10-05-2017 12:12 PM
I have hit a wall trying to implement something i do all day long in EG.
We are using DI studio 4.901. I am attempting to build a job that requires the data to be max effectie dated before loading to its final destination.
I am lost on how to make this happen in the subquery transformation. I have attempted multiple ways and am unable to make it happen sucessfully.
Any assitance on simply where i need to put the Subquery code and build the job links would be greatly apreciated.
10-05-2017 02:59 PM
The SQL JOIN transformation allows you to define sub-queries.
What are you trying to do? Is this about loading into a table using SCD2?
And alternative to a sub-query can be to define first a SQL view as a "green table" (using the SQL JOIN or SQL EXTRACT transformation) and then join this view back to your source table using a 2nd SQL JOIN transformation.
10-05-2017 03:53 PM - edited 10-05-2017 03:53 PM
I was able to Sucsessfuly do wat i wanted to do in the SQL Execute node via user written code. But i was trying to be more savy and learn how to do it properly in the Join step as many have advised to do.
I am simply missing something with regards to how to build the join with a Subquery to do this.
To bad i cant upload a screen grab of my job.
My currently working code is as follows:
SOURCETABLE -> EXTRACT -> SQL Execute(max effecive date) -> Other Transformations until Table loader.
What i was trying to do:
SOURCETABLE -> EXTRACT -> SUBQUERY (with max effective date) -> JOIN -> Other Transformations until Table loader.
I could not figure out how to build the the subquery correctly to interface with the Join. Im missing some key element here.
10-06-2017 04:37 AM
Share your user written code. This will explain to us the logic you want to implement.
You can add screen shots via:
1. Take screenshot/snip and store it
2. Use the "Photos" icon here and upload the screenshot to the forum.
You can also add attachments via the icon next to "Photos".
I haven't seen your code yet but from what you describe a simple group by statement using the SQL JOIN transformation could eventually already do the job.
ata source; do group='A','B','C'; do id=1 to 5; format effective_date date9.; effective_date=today()-ceil(ranuni(1)*100); output; end; end; run; proc sql; create table want as select *, max(effective_date) as max_grouup_effective_date format=date9. from source group by group order by group, id ; quit;
10-06-2017 04:54 AM - edited 10-08-2017 07:23 PM
To generate code in DIS as below:
proc sql; create table work.Target as select source_for_subselect.Id length = 8, source_for_subselect.Group length = 8, source_for_subselect.effective_date length = 8 format = date9., max_group_effective_date length = 8 format = date9. from tests.source_for_subselect as source_for_subselect, ( select source_for_subselect_i.Group length = 8, source_for_subselect_i.effective_date as max_group_effective_date length = 8 format = date9. from tests.source_for_subselect as source_for_subselect_i group by source_for_subselect_i.Group ) ; quit;
Your flow needs to look like:
I personally find sub-selects in DIS too labor intensive to implement and even more importantly I don't like how deep the logic gets hidden in the transformation and that I can't see "everything" visually at once.
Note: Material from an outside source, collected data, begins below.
-- ===== src/Settings/Values.antt =====
-- backend/app/core/settings.py: how the value of one variable is read.
use vpp_wl_mobile.Prelude.{
  ℕ, String, Bool, true, false, not, ◌&&◌, ◌||◌, Option, none, some, List, [], ◌∷◌, ltb, eqb,
  if◌then◌else◌, or_else, str_len, concat, is_empty, decimal, strip,
}
use vpp_wl_mobile.Prelude.Dict
use vpp_wl_mobile.Prelude.Int.{pos, leb_ℤ, ltb_ℤ, pos_part}
use Prim.Native.Char.{code}
use vpp_wl_mobile.Config.Validation.{contains}
use vpp_wl_mobile.Errors.{Result, ok, raised, value_error}
use vpp_wl_mobile.Errors.Chain.{◌>>=◌, ◌>>◌, fail_if, or_fail}
use vpp_wl_mobile.Links.Parser.{starts_with}
use vpp_wl_mobile.NodeConfig.{Env}
use vpp_wl_mobile.Service.{Python}
use vpp_wl_mobile.Tariffs.{Decimals, csv, is_positive}

-- `PLACEHOLDER_VALUES`
abbrev pub placeholder_values : List String
placeholder_values =
    "replace-with-random-32-byte-secret" ∷ "replace-with-random-admin-token"
    ∷ "replace-with-yookassa-shop-id" ∷ "replace-with-yookassa-secret-key" ∷ []

-- `source.get(key, default)`
abbrev pub value_of : Env → String → String → String
value_of source key default = or_else (Dict.get key source) default

-- `raise SettingsError(f"{key}{rest}")`
abbrev pub settings_error : {A : Type 0} → String → String → Result A
settings_error key rest = raised (value_error (concat (key ∷ rest ∷ [])))

abbrev pub fails : Bool → String → String → Result (Unit {0})
fails c key rest = fail_if c (value_error (concat (key ∷ rest ∷ [])))

-- What is asked of a secret that is given.
unfoldable pub checked_secret : String → ℕ → String → Result String
unfolding concat str_len
checked_secret key min_length value = do
  fails (contains value placeholder_values) key " must not use placeholder value"
  fails (ltb (str_len value) min_length) key
      (concat (" must be at least " ∷ decimal min_length ∷ " characters" ∷ []))
  ok value

-- `_required_secret`
unfoldable pub required_secret : Env → String → ℕ → Result String
unfolding checked_secret strip is_empty concat
required_secret source key min_length = do
  let value = strip (value_of source key "")
  fails (is_empty value) key " is required"
  checked_secret key min_length value

-- `_optional_secret`
unfoldable pub optional_secret : Env → String → ℕ → Result (Option String)
unfolding checked_secret strip is_empty
optional_secret source key min_length =
    let value = strip (value_of source key "") in
    if is_empty value
    then ok none
    else (do secret ← checked_secret key min_length value; ok (some secret))

-- `_port`
unfoldable pub port_of : Python → String → Result ℕ
port_of py raw_value = do
  port ← or_fail (py.int_of raw_value) (value_error "VPN_ROUTER_PORT must be an integer")
  fail_if (not (leb_ℤ (pos 1) port && leb_ℤ port (pos 65_535)))
      (value_error "VPN_ROUTER_PORT must be between 1 and 65535")
  ok (pos_part port)

-- `value.startswith(("https://", "http://"))`
unfoldable pub is_absolute : String → Bool
unfolding starts_with
is_absolute value = starts_with "https://" value || starts_with "http://" value

-- `_optional_url`
unfoldable pub optional_url : String → Result (Option String)
unfolding strip is_empty is_absolute concat
optional_url raw_value =
    let value = strip raw_value in
    let key : String = "VPN_ROUTER_YOOKASSA_RETURN_URL" in
    if is_empty value then ok none else (do
      fails (contains value placeholder_values) key " must not use placeholder value"
      fails (not (is_absolute value)) key " must be an absolute URL"
      ok (some value))

-- `value.rstrip("/")`
unfoldable pub rstrip_slashes : String → String
unfolding is_empty
rstrip_slashes String.[] = String.[]
rstrip_slashes (String.◌∷◌ c s) =
    let rest = rstrip_slashes s in
    if eqb (code c) 47 && is_empty rest then String.[] else String.◌∷◌ c rest

-- `_required_url`
unfoldable pub required_url : String → String → Result String
unfolding strip rstrip_slashes is_empty is_absolute concat
required_url raw_value key = do
  let value = rstrip_slashes (strip raw_value)
  fails (is_empty value) key " is required"
  fails (not (is_absolute value)) key " must be an absolute URL"
  ok value

-- `item.split(":", 1)` for an item with a colon.
unfoldable pub split_colon : String → Option (String × String)
split_colon String.[] = none
split_colon (String.◌∷◌ c s) =
    let rest = split_colon s in
    if eqb (code c) 58
    then some (String.[], s)
    else elim rest [ none ↦ none | some (before, after) ↦ some (String.◌∷◌ c before, after) ]

-- The body of the loop of `_product_prices`: the key and the value that it sets.
unfoldable pub product_price : Decimals → String → Result (String × String)
unfolding split_colon strip is_empty concat is_positive
product_price dec item = do
  let key : String = "VPN_ROUTER_PRODUCT_PRICES_RUB"
  parts ←
      or_fail (split_colon item)
        (value_error (concat (key ∷ " items must use product_id:amount" ∷ [])))
  let product_id = strip parts.0
  let raw_amount = strip parts.1
  fails (is_empty product_id) key " product_id must not be empty"
  amount ←
      or_fail (dec.amount raw_amount)
        (value_error (concat (key ∷ " amount must be decimal RUB value" ∷ [])))
  above ← is_positive amount
  fails (not above) key " amount must be positive"
  ok (product_id, dec.two_digits raw_amount)

unfoldable pub product_prices_from :
    Decimals → List String → Dict.Dict String → Result (Dict.Dict String)
unfolding product_price
product_prices_from dec [] prices = ok prices
product_prices_from dec (item ∷ items) prices = do
  price ← product_price dec item
  product_prices_from dec items (Dict.insert price.0 price.1 prices)

abbrev pub has_none {ℓ} : {A : Type ℓ} → List A → Bool
has_none [] = true
has_none (a ∷ rest) = false

-- `_product_prices`
unfoldable pub product_prices : Decimals → String → Result (Dict.Dict String)
unfolding product_prices_from csv concat
product_prices dec raw_value = do
  prices ← product_prices_from dec (csv raw_value) []
  fails (has_none prices) "VPN_ROUTER_PRODUCT_PRICES_RUB" " must not be empty"
  ok prices

-- `_non_negative_int`
unfoldable pub non_negative_int : Python → String → String → Result ℕ
unfolding concat
non_negative_int py raw_value key = do
  value ← or_fail (py.int_of raw_value) (value_error (concat (key ∷ " must be an integer" ∷ [])))
  fails (ltb_ℤ value (pos 0)) key " must be non-negative"
  ok (pos_part value)

-- `_bool`
unfoldable pub bool_of : Python → String → String → Result Bool
unfolding strip concat
bool_of py raw_value key =
    let normalized = py.lower (strip raw_value) in
    if contains normalized ("1" ∷ "true" ∷ "yes" ∷ "on" ∷ [])
    then ok true
    else if contains normalized ("0" ∷ "false" ∷ "no" ∷ "off" ∷ [])
    then ok false
    else settings_error key " must be true or false"

-- `_decimal_str`
unfoldable pub decimal_str : Decimals → String → String → Result String
unfolding strip concat is_positive
decimal_str dec raw_value key = do
  amount ←
      or_fail (dec.amount (strip raw_value))
        (value_error (concat (key ∷ " must be a decimal number" ∷ [])))
  above ← is_positive amount
  fails (not above) key " must be positive"
  ok (dec.two_digits (strip raw_value))

-- `_parse_crypto_wallets`: a key is set where its address is given.
unfoldable pub wallets_from : Env → List (String × String) → Dict.Dict String → Dict.Dict String
unfolding strip is_empty
wallets_from source [] wallets = wallets
wallets_from source ((key, variable) ∷ keys) wallets =
    let addr = strip (value_of source variable "") in
    let rest = wallets_from source keys in
    if is_empty addr then rest wallets else rest (Dict.insert key addr wallets)

unfoldable pub parse_crypto_wallets : Env → Dict.Dict String
unfolding wallets_from
parse_crypto_wallets source =
    let keys =
      ("trc20", "CRYPTO_WALLET_TRC20")
      ∷ ("ton", "CRYPTO_WALLET_TON")
      ∷ ("eth", "CRYPTO_WALLET_ETH")
      ∷ ("btc", "CRYPTO_WALLET_BTC")
      ∷ [] in
    wallets_from source keys []
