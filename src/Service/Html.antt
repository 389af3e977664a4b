-- ===== src/Service/Html.antt =====
-- The methods of `ApiService` of backend/app/api/service.py that make a page, and `_build_coin_options`.
-- The rates of the coins are kept beside the repository.
pub mod Offered
use vpp_wl_mobile.Prelude.{
  ℕ, ◌+◌, String, Bool, not, ◌&&◌, Option, none, some, List, [], ◌∷◌, map, ◌==◌, if◌then◌else◌,
  or_else, is_empty, or_text,
}
use vpp_wl_mobile.Prelude.Dict
use vpp_wl_mobile.Json.{Json, str}
use vpp_wl_mobile.Errors.{
  Result, ok, api, internal_server_error, service_unavailable, Exec, pure, lift, or_raise, raise_if,
  ◌>>=◌, ◌>>◌,
}
use vpp_wl_mobile.Models.{VpnNode, NodeOptions, VlessOptions, CommercialSubscription, is_paid}
use vpp_wl_mobile.Links.Subscription.{active_vless_nodes}
use vpp_wl_mobile.Pages.Connect.{PublicConfig, connect_page}
use vpp_wl_mobile.Pages.Invoice.{CoinOption, invoice_page}
use vpp_wl_mobile.Pages.Landing.{landing_page}
use vpp_wl_mobile.Rates.{ExchangeRateService, coin_amount}
use vpp_wl_mobile.Repository.Nodes.{list_nodes}
use vpp_wl_mobile.Service.{World, Python, Settings, Action, find_tariff, now, read_repo}
use vpp_wl_mobile.Service.Payload.{text}
use vpp_wl_mobile.Service.Sales.{commercial_subscription}
use vpp_wl_mobile.Service.Subscriptions.{subscription_url}
use vpp_wl_mobile.Service.Wallets.{Coin, all_coins}
use vpp_wl_mobile.Settings.Values.{has_none}

-- The state of a request, the exchange rates, and the answers of the network that are still to come.
pub record Site : Type 0 where
  pub world : World
  pub service : ExchangeRateService
  pub network : ℕ → Option Json
  pub fetches : ℕ

abbrev pub SiteAction : Type 0 → Type 0
SiteAction A = Exec Site A

abbrev pub on_world : {A : Type 0} → Action A → SiteAction A
on_world m s = let (r, w) = m s.world in (r, record s { world = w })

-- What the pages use of Python that is not spelled out.
pub record Library : Type 0 where
  pub date_text : ℕ → String
  pub text_repr : String → String
  pub upper : String → String
  pub dumps : Json → String
  pub convert : String → String → ℕ → Option String

-- The attributes of `ApiService` for the payment in coins.
pub record Crypto : Type 0 where
  pub wallets : Dict.Dict String
  pub enable_testnet : Bool

-- `landing_html`
unfoldable pub landing_html : Settings → String
unfolding landing_page
landing_html cfg = landing_page cfg.tariffs

-- One amount: the clock is read and the network asked, needed or not.
unfoldable pub amount_now : Library → Python → String → Coin → SiteAction (Option String)
unfolding coin_amount
amount_now lib py price_rub coin s =
    let w = s.world in
    let (amount, service) =
      coin_amount py lib.convert price_rub coin (w.clock w.reads) (s.network s.fetches)
        (w.clock (w.reads + 1)) s.service in
    (
      amount,
      record s {
        world = record w { reads = w.reads + 2 };
        service = service;
        fetches = s.fetches + 1;
      },
    )

-- `amount` of `_build_coin_options`; no amount and an empty one are shown as a dash.
unfoldable pub shown_amount : Option String → String
unfolding or_text
shown_amount amount = or_text (or_else amount "") "—"

unfoldable pub option_amount : Library → Python → String → Coin → SiteAction String
unfolding amount_now shown_amount is_empty
option_amount lib py price_rub coin s =
    let live = (amount_now lib py price_rub coin >>= λ amount. pure (shown_amount amount)) s in
    if coin.testnet && not (is_empty (or_else coin.fixed_amount ""))
    then (ok (or_else coin.fixed_amount ""), s)
    else live

abbrev pub coin_option : Coin → String → String → CoinOption
coin_option coin amount address = record {
  id = coin.id;
  label = coin.label;
  network_label = coin.network_label;
  amount = amount;
  address = address;
  testnet = (if coin.testnet then "1" else "");
}

-- The two tests of the loop that pass a coin over.
unfoldable pub is_offered : Crypto → Coin → Bool
unfolding is_empty
is_offered crypto coin =
    not (coin.testnet && not crypto.enable_testnet)
    && not (is_empty (or_else (Dict.get coin.wallet_key crypto.wallets) ""))

-- The option of a coin before those of the rest of the loop.
abbrev pub with_option :
    Coin → String → String → SiteAction (List CoinOption) → SiteAction (List CoinOption)
with_option coin amount address rest = do
  options ← rest
  pure (coin_option coin amount address ∷ options)

-- `_build_coin_options`, over a list of coins.
unfoldable pub build_coin_options :
    Library → Python → Crypto → String → List Coin → SiteAction (List CoinOption)
unfolding is_offered option_amount
build_coin_options lib py crypto price_rub [] = pure []
build_coin_options lib py crypto price_rub (coin ∷ coins) =
    let rest = build_coin_options lib py crypto price_rub coins in
    if is_offered crypto coin
    then (do
      amount ← option_amount lib py price_rub coin
      with_option coin amount (or_else (Dict.get coin.wallet_key crypto.wallets) "") rest)
    else rest

-- `invoice_html`
unfoldable pub invoice_html : Library → Python → Settings → Crypto → String → SiteAction String
unfolding commercial_subscription find_tariff build_coin_options invoice_page
invoice_html lib py cfg crypto token = do
  subscription ← on_world (commercial_subscription token)
  tariff ←
      or_raise (find_tariff subscription.tariff_id cfg.tariffs)
        (api internal_server_error "tariff not found")
  raise_if (has_none crypto.wallets) (api service_unavailable "crypto payments not configured")
  coin_options ← build_coin_options lib py crypto tariff.price_rub all_coins
  raise_if (has_none coin_options) (api service_unavailable "no configured crypto wallets")
  pure (invoice_page lib.dumps subscription.token tariff coin_options)

-- `security.upper() or "TCP"`, and "Reality" for that one.
unfoldable pub kind_of : Library → Python → String → String
unfolding or_text
kind_of lib py security =
    let lowered = py.lower security in
    if lowered == "reality" then "Reality" else or_text (lib.upper lowered) "TCP"

-- The transport of the options of a node.
unfoldable pub transport_of : Python → Option (Dict.Dict Json) → String
unfolding text
transport_of py none = "tcp"
transport_of py (some transport) = text py (or_else (Dict.get "type" transport) (str "tcp"))

unfoldable pub public_config : Library → Python → VpnNode → NodeOptions → PublicConfig
unfolding kind_of transport_of or_text
public_config lib py node (NodeOptions.vless o) = record {
  label = or_text (or_else o.label "") node.tag;
  kind = kind_of lib py o.security;
  transport = lib.upper (transport_of py o.transport);
}
public_config lib py node _ = record {
  label = node.tag;
  kind = kind_of lib py "";
  transport = lib.upper "tcp";
}

-- `_public_configs`
unfoldable pub public_configs : Library → Python → List VpnNode → List PublicConfig
unfolding active_vless_nodes public_config
public_configs lib py nodes = map (λ n. public_config lib py n n.options) (active_vless_nodes nodes)

-- `connect_html`
unfoldable pub connect_html : Library → Python → Settings → String → Action String
unfolding commercial_subscription is_paid public_configs list_nodes subscription_url connect_page
    now
connect_html lib py cfg token = do
  subscription ← commercial_subscription token
  at ← now
  nodes ← read_repo list_nodes
  later ← now
  pure (
      connect_page lib.date_text lib.text_repr subscription (subscription_url cfg token) cfg.tariffs
        (if is_paid subscription at then public_configs lib py nodes else []) later)
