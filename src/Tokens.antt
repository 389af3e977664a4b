-- ===== src/Tokens.antt =====
-- backend/app/security/tokens.py: access tokens that are signed with HMAC.
pub mod Segments
pub mod Verified
pub mod RoundTrip
use vpp_wl_mobile.Prelude.{
  ℕ, zero, suc, ◌+◌, ◌-◌, ◌%◌, String, not, ◌&&◌, Option, none, some, List, [], ◌∷◌, ◌==◌, ltb, leb,
  eqb, if◌then◌else◌, str_len, concat, is_empty,
}
use vpp_wl_mobile.Prelude.Dict
use vpp_wl_mobile.Prelude.Int.{ℤ}
use vpp_wl_mobile.Errors.{
  unicode_error, Result, ok, raised, value_error, type_error, key_error, overflow_error,
}
use Prim.Native.Char.{Char, code}
use Prim.Native.String.{◌++◌}
use vpp_wl_mobile.Json.{Json, object, entries, obj, str, int}
use vpp_wl_mobile.Errors.Chain.{◌>>=◌, ◌>>◌, fail_if, or_fail}
use vpp_wl_mobile.Repository.{max_datetime}
use vpp_wl_mobile.Service.{Python}
use vpp_wl_mobile.Service.Payload.{text, integer, compare_digest}

-- What the tokens use of Python's libraries; a value of `bytes` is a list of numbers. `none` is a
-- `ValueError` (`JSONDecodeError`, `UnicodeError` and `binascii.Error` are such).
-- `timestamp` is `int(t.timestamp())`, `fromtimestamp` is `datetime.fromtimestamp(n, tz=utc)`.
pub record Library : Type 0 where
  pub utf8 : String → List ℕ
  pub decode_utf8 : List ℕ → Option String
  pub ascii : String → Option (List ℕ)
  pub urlsafe_b64encode : List ℕ → String
  pub urlsafe_b64decode : List ℕ → Option (List ℕ)
  pub hmac_sha256 : List ℕ → List ℕ → List ℕ
  pub dumps : Json → String
  pub loads : String → Option Json
  pub timestamp : ℕ → ℤ
  pub fromtimestamp : ℤ → Result ℕ

pub record TokenClaims : Type 0 where
  pub subject : String
  pub expires_at : ℕ

-- The attributes of `TokenService`.
pub record TokenService : Type 0 where
  pub secret : List ℕ
  pub issuer : String

abbrev pub prepend : Char → Option (String × String) → Option (String × String)
prepend c none = none
prepend c (some (front, back)) = some (String.◌∷◌ c front, back)

-- `token.split(".", 1)`, if it has two parts.
unfoldable pub split_dot : String → Option (String × String)
split_dot String.[] = none
split_dot (String.◌∷◌ c s) =
    let rest = split_dot s in if eqb (code c) 46 then some (String.[], s) else prepend c rest

-- `segment.rstrip("=")`
unfoldable pub strip_padding : String → String
strip_padding String.[] = String.[]
strip_padding (String.◌∷◌ c s) =
    let rest = strip_padding s in
    if eqb (code c) 61 && is_empty rest then String.[] else String.◌∷◌ c rest

-- `"=" * n`
unfoldable pub padding : ℕ → String
padding zero = ""
padding (suc n) = String.◌∷◌ "=" (padding n)

abbrev pub token_error : {A : Type 0} → String → Result A
token_error message = raised (value_error message)

-- `payload[key]`
unfoldable pub subscript : String → Json → Result Json
subscript key (obj fs) = or_fail (Dict.get key (entries fs)) key_error
subscript key _ = raised type_error

-- `except (KeyError, TypeError, ValueError, json.JSONDecodeError)`
unfoldable pub or_invalid_payload : {A : Type 0} → Result A → Result A
or_invalid_payload (raised key_error) = token_error "invalid token payload"
or_invalid_payload (raised type_error) = token_error "invalid token payload"
or_invalid_payload (raised (value_error m)) = token_error "invalid token payload"
or_invalid_payload (raised unicode_error) = token_error "invalid token payload"
or_invalid_payload r = r

module _ (lib : Library) where
  -- `_b64encode`
  unfoldable pub b64encode : List ℕ → String
  unfolding strip_padding
  b64encode raw = strip_padding (lib.urlsafe_b64encode raw)

  -- `_b64decode`
  unfoldable pub b64decode : String → Result String
  unfolding padding str_len
  b64decode segment = do
    ascii ← or_fail (lib.ascii (segment ++ padding ((4 - str_len segment % 4) % 4))) unicode_error
    raw ← or_fail (lib.urlsafe_b64decode ascii) (value_error "Incorrect padding")
    or_fail (lib.decode_utf8 raw) unicode_error

  -- `_sign`
  unfoldable pub sign : TokenService → String → Result String
  unfolding b64encode
  sign service payload_segment = do
    ascii ← or_fail (lib.ascii payload_segment) unicode_error
    ok (b64encode (lib.hmac_sha256 service.secret ascii))

  abbrev pub claims_payload : TokenService → String → ℕ → Json
  claims_payload service subject expires_at = object (
      ("iss", str service.issuer)
      ∷ ("sub", str subject)
      ∷ ("exp", int (lib.timestamp expires_at))
      ∷ [])

  -- `issue`, at the time `now`.
  unfoldable pub issue : TokenService → String → ℕ → ℕ → Result String
  unfolding b64encode sign
  issue service subject ttl now = do
    fail_if (ltb max_datetime (now + ttl)) overflow_error
    let payload_segment =
        b64encode (lib.utf8 (lib.dumps (claims_payload service subject (now + ttl))))
    signature ← sign service payload_segment
    ok (payload_segment ++ String.◌∷◌ "." signature)

  -- What the second `try` of `verify` computes: the subject, the issuer and the time of expiry.
  unfoldable pub read_payload : Python → String → Result (String × String × ℕ)
  unfolding b64decode subscript text integer
  read_payload py payload_segment = do
    document ← b64decode payload_segment
    payload ← or_fail (lib.loads document) (value_error "Expecting value")
    sub ← subscript "sub" payload
    iss ← subscript "iss" payload
    exp ← subscript "exp" payload
    seconds ← integer py exp
    expires_at ← lib.fromtimestamp seconds
    ok (text py sub, text py iss, expires_at)

  unfoldable pub verify_parts : Python → TokenService → ℕ → String → String → Result TokenClaims
  unfolding sign compare_digest or_invalid_payload read_payload
  verify_parts py service now payload_segment signature = do
    expected ← sign service payload_segment
    same ← compare_digest signature expected
    fail_if (not same) (value_error "invalid token signature")
    (subject, issuer, expires_at) ← or_invalid_payload (read_payload py payload_segment)
    fail_if (not (issuer == service.issuer)) (value_error "invalid token issuer")
    fail_if (leb expires_at now) (value_error "expired token")
    ok (record { subject = subject; expires_at = expires_at })

  -- `verify`, at the time `now`.
  unfoldable pub verify : Python → TokenService → ℕ → String → Result TokenClaims
  unfolding split_dot verify_parts
  verify py service now token = elim (split_dot token) [
    | none ↦ token_error "malformed token"
    | some (payload_segment, signature) ↦ verify_parts py service now payload_segment signature
  ]

-- `TokenService.__init__`
unfoldable pub new_token_service : Library → String → String → Result TokenService
unfolding str_len
new_token_service lib secret issuer = do
  fail_if (ltb (str_len secret) 16) (value_error "token secret must be at least 16 characters")
  ok (record { secret = lib.utf8 secret; issuer = issuer })
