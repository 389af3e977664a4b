-- ===== src/Server.antt =====
-- backend/app/api/server.py: what a request is answered with. The lines that read the request from a
-- socket and write the answer to it are the parameters `Request` and the result `Response`.
pub mod Paths
pub mod Body
pub mod Handlers
pub mod Secured
pub mod Answered
pub mod Handled
pub mod Keeps
pub mod ReadOnly
pub mod Limited
pub mod Users
pub mod Personal
use vpp_wl_mobile.Prelude.{
  ℕ, String, Bool, not, Option, none, some, List, [], ◌∷◌, ◌++◌, if◌then◌else◌, or_else, length,
  concat, is_empty, decimal,
}
use vpp_wl_mobile.Prelude.Dict
use vpp_wl_mobile.Service.Html as Html
use vpp_wl_mobile.Tokens as Tokens
use vpp_wl_mobile.Json.{Json, object, str}
use vpp_wl_mobile.Config.Validation.{contains}
use vpp_wl_mobile.Errors.{
  Status, bad_request, unauthorized, forbidden, not_found, internal_server_error,
  service_unavailable, Result, ok, raised, api, Error, Exec,
}
use vpp_wl_mobile.RateLimit.{RateLimiter}
use vpp_wl_mobile.Service.{Python, Settings as ServiceSettings}
use vpp_wl_mobile.Service.Html.{Site, SiteAction, Crypto}
use vpp_wl_mobile.Links.Parser.{UrlLibrary}
use vpp_wl_mobile.Links.Subscription.{LinkLibrary}
use vpp_wl_mobile.Tokens.{TokenService}

-- The libraries that the handlers reach, and the settings of the server. `form` is
-- `parse_qs(text, keep_blank_values=True)`, `none` where it raises ValueError, and `dumps` is `json.dumps` as `_send_json` calls it.
pub record App : Type 0 where
  pub py : Python
  pub url : UrlLibrary
  pub links : LinkLibrary
  pub codec : Tokens.Library
  pub html : Html.Library
  pub dumps : Json → String
  pub form : String → Option (Dict.Dict (List String))
  pub service : ServiceSettings
  pub tokens : TokenService
  pub crypto : Crypto
  pub cors_origins : List String
  pub hsts_enabled : Bool

-- A request: `urlparse(self.path).path`, `self.headers.get`, the address of the client, and the
-- bytes of the body.
pub record Request : Type 0 where
  pub path : String
  pub header : String → Option String
  pub client_ip : Option String
  pub body : List ℕ

-- A response: the number of the status, the headers in the order in which they are sent, the body.
pub record Response : Type 0 where
  pub status : ℕ
  pub headers : Dict.Dict String
  pub body : String

-- What the handlers share.
pub record State : Type 0 where
  pub site : Site
  pub limiter : RateLimiter

abbrev pub Handler : Type 0
Handler = Exec State Response

unfoldable pub status_code : Status → ℕ
status_code bad_request = 400
status_code unauthorized = 401
status_code forbidden = 403
status_code not_found = 404
status_code internal_server_error = 500
status_code service_unavailable = 503

abbrev pub header_or : Request → String → String → String
header_or req name default = or_else (req.header name) default

-- The origin that `_send_cors_headers` allows, if it allows one.
unfoldable pub allowed_origin : App → Request → Option String
unfolding is_empty
allowed_origin app req =
    let origin = header_or req "Origin" "" in
    if is_empty origin
    then none
    else if contains "*" app.cors_origins
    then some "*"
    else if contains origin app.cors_origins
    then some origin
    else none

unfoldable pub cors_headers : Option String → Dict.Dict String
cors_headers none = []
cors_headers (some allowed_origin) =
    ("Access-Control-Allow-Origin", allowed_origin)
    ∷ ("Access-Control-Allow-Methods", "GET,POST,PATCH,DELETE,OPTIONS")
    ∷ ("Access-Control-Allow-Headers", "Authorization,Content-Type,X-Admin-Token")
    ∷ ("Access-Control-Max-Age", "600")
    ∷ ("Vary", "Origin")
    ∷ []

-- `_send_security_headers`
unfoldable pub security_headers : App → Dict.Dict String
security_headers app =
    ("X-Content-Type-Options", "nosniff")
    ∷ ("Referrer-Policy", "no-referrer")
    ∷ ("X-Frame-Options", "DENY")
    ∷ (if app.hsts_enabled
        then ("Strict-Transport-Security", "max-age=31536000; includeSubDomains") ∷ []
        else [])

module _ (app : App) (req : Request) where
  -- The headers that end every response.
  unfoldable pub last_headers : Dict.Dict String
  unfolding allowed_origin cors_headers security_headers
  last_headers = cors_headers (allowed_origin app req) ++ security_headers app

  -- What `_send_json`, `_send_text` and `_send_html` have in common: a content type and a body.
  unfoldable pub send : ℕ → String → String → Response
  unfolding last_headers decimal
  send status content_type body = record {
    status = status;
    headers =
        ("Content-Type", content_type)
        ∷ ("Content-Length", decimal (length (app.codec.utf8 body)))
        ∷ ("Cache-Control", "no-store")
        ∷ last_headers;
    body = body;
  }

  unfoldable pub send_json : ℕ → Dict.Dict Json → Response
  unfolding send
  send_json status payload =
      send status "application/json; charset=utf-8" (app.dumps (object payload))

  unfoldable pub send_text : ℕ → String → String → Response
  unfolding send concat
  send_text status content_type payload =
      send status (concat (content_type ∷ "; charset=utf-8" ∷ [])) payload

  unfoldable pub send_html : ℕ → String → Response
  unfolding send
  send_html status payload = send status "text/html; charset=utf-8" payload

  unfoldable pub send_redirect : String → Response
  unfolding last_headers
  send_redirect location = record {
    status = 303;
    headers =
        ("Location", location)
        ∷ ("Content-Length", "0")
        ∷ ("Cache-Control", "no-store")
        ∷ last_headers;
    body = "";
  }

  -- `do_OPTIONS`
  unfoldable pub do_options : Response
  unfolding last_headers
  do_options = record {
    status = 204;
    headers = last_headers ++ ("Content-Length", "0") ∷ [];
    body = "";
  }

  -- `_send_json(exc.status, exc.payload)`
  unfoldable pub send_error : Status → String → Response
  unfolding send_json status_code
  send_error status message = send_json (status_code status) (("error", str message) ∷ [])

-- A handler that calls a method: the response to what it returns, and that to an `ApiError`. What
-- else is raised is not caught.
abbrev pub caught :
    {A : Type 0} → (A → Response) → (Status → String → Response) → Result A → Result Response
caught sent failed (ok a) = ok (sent a)
caught sent failed (raised (api status message)) = ok (failed status message)
caught sent failed (raised e) = raised e

unfoldable pub respond :
    {A : Type 0} → (A → Response) → (Status → String → Response) → SiteAction A → Handler
respond sent failed action s =
    let (r, site) = action s.site in (caught sent failed r, record s { site = site })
For this reason I normally don't implement using sub-selects but I'm using two SQL joins and my job flow would look like:
The code generated by the Join node looks then like:
proc sql; create table work.Target as select source_for_subselect.Id length = 8, source_for_subselect.Group length = 8, source_for_subselect.effective_date length = 8 format = date9., max_eff_dt.max_group_effective_date length = 8 format = date9. from tests.source_for_subselect as source_for_subselect, work.max_eff_dt as max_eff_dt where source_for_subselect.Group = max_eff_dt.Group ; quit;
I've created source work.max_eff_dt as a view with a definition of:
proc sql; create view work.max_eff_dt as select Group, (max(effective_date)) as max_group_effective_date length = 8 format = date9. from &SYSLAST order by Group ; quit;
Given that a view can be seen as encapsulated SQL code which only gets executed when used.... if you compare what the flow using a sub-select generates as code with what my 2nd approach creates then you'll see that this is basically the same code when it comes to execution time.
I personally find the 2nd option easier to implement and much easier to "read" and maintain.